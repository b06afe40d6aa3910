-- ===== src/Simulator/Ready/Breaks.antt =====
-- Planned breaks, the heartbeat and the fault injection.
use cell_oee_demo.Prelude.{
  ℕ, ◌+◌, ◌-◌, ◌≡◌, refl, sym, max, Bool, true, false, Option, none, some, List, arith, leb, any,
  is_some, ℤ, pos,
}
use cell_oee_demo.Simulator.Valid.{IsForward, IsArithmetic, IsValidated}
use mathlib.Core.Path.{subst}
use cell_oee_demo.Simulator.World.{World}
use cell_oee_demo.Simulator.Model.{
  CellState, producing, planned_stop, fault, setup, starved, blocked, manual,
}
use cell_oee_demo.Simulator.Config.{SimConfig, contiguous_shifts}
use cell_oee_demo.Simulator.Shifts.{second}
use cell_oee_demo.Simulator.Shifts.NextBreak.{next_window-IsFirst}
use cell_oee_demo.Simulator.Host.{nothing, break_start, break_end, Event}
use cell_oee_demo.Simulator.Cell.{Simulation, ◌>>=◌, schedule, resume}
use cell_oee_demo.Simulator.Cell.Handlers.{
  same_state, arm_break, with_window, in_break, past_break, is_idle, on_break_start, on_break_end,
}
use cell_oee_demo.Simulator.Ready.{
  Sure, is_kind, WayOut, NextBreak, CoreOf, HasBeat, IsFree, HasWay, IsReady,
}
use cell_oee_demo.Simulator.Ready.Queue.{
  if-both, Sure-then, any-push-new, schedule-CoreOf, schedule-HasBeat, schedule-HasWay,
}
use cell_oee_demo.Simulator.Ready.Transitions.{resume-IsReady}

pub Sure-some {ℓ} :
    {A B : Type ℓ} (Q : B → Type 0) (o : Option A) (f : A → Option B)
    → is_some o ≡ true
    → ((x : A) → o ≡ some x → Sure Q (f x))
    → Sure Q (o >>= f)
Sure-some Q none f h k = absurd (ground arith)
Sure-some Q (some x) f h k = k x refl

module _ (w : World) where
  -- A state other than a planned stop does not depend on the break.
  WayOut-unplanned :
      (state : CellState) (epoch : ℕ) (a b : Bool) (heap : List (Event w))
      → same_state state planned_stop ≡ false
      → WayOut w state epoch a heap
      → WayOut w state epoch b heap
  WayOut-unplanned producing epoch a b heap u h = h
  WayOut-unplanned planned_stop epoch a b heap u h = absurd (ground arith)
  WayOut-unplanned fault epoch a b heap u h = h
  WayOut-unplanned setup epoch a b heap u h = h
  WayOut-unplanned starved epoch a b heap u h = h
  WayOut-unplanned blocked epoch a b heap u h = h
  WayOut-unplanned manual epoch a b heap u h = h

  WayOut-in_break :
      (state : CellState) (epoch : ℕ) (a : Bool) (heap : List (Event w))
      → WayOut w state epoch a heap
      → WayOut w state epoch true heap
  WayOut-in_break producing epoch a heap h = h
  WayOut-in_break planned_stop epoch a heap h = refl
  WayOut-in_break fault epoch a heap h = h
  WayOut-in_break setup epoch a heap h = h
  WayOut-in_break starved epoch a heap h = h
  WayOut-in_break blocked epoch a heap h = h
  WayOut-in_break manual epoch a heap h = h

  module _ (cfg : SimConfig w) where
    break_end-IsFree :
        (delay : ℤ) (s : Simulation w)
        → IsForward delay
        → CoreOf w cfg s
        → HasBeat w cfg s
        → is_some s.cell.break_window ≡ true
        → s.cell.break_active ≡ true
        → IsFree w cfg (schedule w delay break_end none nothing s)
    unfolding schedule
    break_end-IsFree delay s f core beat window e =
        let s' = schedule w delay break_end none nothing s in
        let due : any (is_kind w break_end) s'.heap ≡ true =
          any-push-new w (is_kind w break_end) _ s.heap refl in
        (
          schedule-CoreOf w cfg delay break_end none nothing s f tt core,
          schedule-HasBeat w cfg delay break_end none nothing s beat,
          (subst (λ b. NextBreak w b s'.heap) (sym e) due, window),
        )

    break_start-IsFree :
        (delay : ℤ) (s : Simulation w)
        → IsForward delay
        → CoreOf w cfg s
        → HasBeat w cfg s
        → is_some s.cell.break_window ≡ true
        → s.cell.break_active ≡ false
        → IsFree w cfg (schedule w delay break_start none nothing s)
    unfolding schedule
    break_start-IsFree delay s f core beat window e =
        let s' = schedule w delay break_start none nothing s in
        let due : any (is_kind w break_start) s'.heap ≡ true =
          any-push-new w (is_kind w break_start) _ s.heap refl in
        (
          schedule-CoreOf w cfg delay break_start none nothing s f tt core,
          schedule-HasBeat w cfg delay break_start none nothing s beat,
          (subst (λ b. NextBreak w b s'.heap) (sym e) due, window),
        )

    -- Ready, but that a planned stop may have lost its break; where `Q` does not hold, any state may.
    abbrev pub IsArmed : Type 0 → Simulation w → Type 0
    IsArmed Q s =
        IsFree w cfg s × (Q → same_state s.cell.state planned_stop ≡ false → HasWay w cfg s)

    pub arm_break-IsArmed :
        (Q : Type 0) (after : ℕ) (s : Simulation w)
        → contiguous_shifts cfg.shifts ≡ true
        → CoreOf w cfg s
        → HasBeat w cfg s
        → s.cell.break_active ≡ false
        → (Q → same_state s.cell.state planned_stop ≡ false → HasWay w cfg s)
        → Sure (IsArmed Q) (arm_break w cfg after s)
    unfolding arm_break schedule
    arm_break-IsArmed Q after s valid core beat off way =
        let (window, found, first) = next_window-IsFirst cfg.shifts cfg.planned_break after valid in
        let s₁ : Simulation w = with_window w window s in
        let s₂ : Simulation w = in_break w s₁ in
        let unplanned_way : Q → same_state s.cell.state planned_stop ≡ false → HasWay w cfg s₂ =
          λ q u.
            WayOut-unplanned s.cell.state s.cell.epoch s.cell.break_active true s.heap u
              (way q u) in
        rw found (
          if-both (IsArmed Q) (leb window.start s.now)
            (schedule w (pos (window.end - s.now)) break_end none nothing s₂)
            (schedule w (pos (window.start - s.now)) break_start none nothing s₁)
            (λ e. (
              break_end-IsFree (pos (window.end - s.now)) s₂ tt core beat refl refl,
              λ q u.
                  schedule-HasWay w cfg (pos (window.end - s.now)) break_end none nothing s₂
                    (unplanned_way q u),
            ))
            λ e. (
              break_start-IsFree (pos (window.start - s.now)) s₁ tt core beat refl off,
              λ q u.
                  schedule-HasWay w cfg (pos (window.start - s.now)) break_start none nothing s₁
                    (way q u),
            ))

    module _ (laws : IsArithmetic w) (valid : IsValidated w cfg) where
      pub on_break_start-IsReady :
          (s : Simulation w)
          → CoreOf w cfg s
          → HasBeat w cfg s
          → is_some s.cell.break_window ≡ true
          → HasWay w cfg s
          → Sure (IsReady w cfg) (on_break_start w cfg s)
      unfolding on_break_start
      on_break_start-IsReady s core beat armed way =
          Sure-some (IsReady w cfg) s.cell.break_window _ armed λ window e.
            let s₁ : Simulation w = in_break w s in
            let delay = pos (window.end - s.now) in
            let s' = schedule w delay break_end none nothing s₁ in
            let free = break_end-IsFree delay s₁ tt core beat armed refl in
            if-both (Sure (IsReady w cfg)) (is_idle w cfg s.cell.state) (resume w cfg s') (some s')
              (λ i. resume-IsReady w cfg s' laws valid free)
              λ i. (
                free,
                schedule-HasWay w cfg delay break_end none nothing s₁
                    (WayOut-in_break s.cell.state s.cell.epoch s.cell.break_active s.heap way),
              )

      pub on_break_end-IsReady :
          (s : Simulation w)
          → CoreOf w cfg s
          → HasBeat w cfg s
          → is_some s.cell.break_window ≡ true
          → HasWay w cfg s
          → Sure (IsReady w cfg) (on_break_end w cfg s)
      unfolding on_break_end
      on_break_end-IsReady s core beat armed way =
          Sure-some (IsReady w cfg) s.cell.break_window _ armed λ window e.
            Sure-then (IsArmed Unit) (IsReady w cfg)
              (arm_break w cfg (max s.now window.end + second) (past_break w s)) _
              (arm_break-IsArmed Unit (max s.now window.end + second) (past_break w s)
                valid.contiguous core beat refl
                λ q u.
                  WayOut-unplanned s.cell.state s.cell.epoch s.cell.break_active false s.heap u way)
              λ s' h.
                if-both (Sure (IsReady w cfg)) (same_state s'.cell.state planned_stop)
                  (resume w cfg s') (some s') (λ p. resume-IsReady w cfg s' laws valid h.0)
                  λ u. (h.0, h.1 tt u)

Required action: In the records above, the line with "schedule-HasBeat w cfg delay break_end" marks the start and the line with "let s₁ : Simulation w = with_window" marks the end; copy that stretch exactly, both lines included, and nothing else.

Solution below:
          schedule-HasBeat w cfg delay break_end none nothing s beat,
          (subst (λ b. NextBreak w b s'.heap) (sym e) due, window),
        )

    break_start-IsFree :
        (delay : ℤ) (s : Simulation w)
        → IsForward delay
        → CoreOf w cfg s
        → HasBeat w cfg s
        → is_some s.cell.break_window ≡ true
        → s.cell.break_active ≡ false
        → IsFree w cfg (schedule w delay break_start none nothing s)
    unfolding schedule
    break_start-IsFree delay s f core beat window e =
        let s' = schedule w delay break_start none nothing s in
        let due : any (is_kind w break_start) s'.heap ≡ true =
          any-push-new w (is_kind w break_start) _ s.heap refl in
        (
          schedule-CoreOf w cfg delay break_start none nothing s f tt core,
          schedule-HasBeat w cfg delay break_start none nothing s beat,
          (subst (λ b. NextBreak w b s'.heap) (sym e) due, window),
        )

    -- Ready, but that a planned stop may have lost its break; where `Q` does not hold, any state may.
    abbrev pub IsArmed : Type 0 → Simulation w → Type 0
    IsArmed Q s =
        IsFree w cfg s × (Q → same_state s.cell.state planned_stop ≡ false → HasWay w cfg s)

    pub arm_break-IsArmed :
        (Q : Type 0) (after : ℕ) (s : Simulation w)
        → contiguous_shifts cfg.shifts ≡ true
        → CoreOf w cfg s
        → HasBeat w cfg s
        → s.cell.break_active ≡ false
        → (Q → same_state s.cell.state planned_stop ≡ false → HasWay w cfg s)
        → Sure (IsArmed Q) (arm_break w cfg after s)
    unfolding arm_break schedule
    arm_break-IsArmed Q after s valid core beat off way =
        let (window, found, first) = next_window-IsFirst cfg.shifts cfg.planned_break after valid in
        let s₁ : Simulation w = with_window w window s in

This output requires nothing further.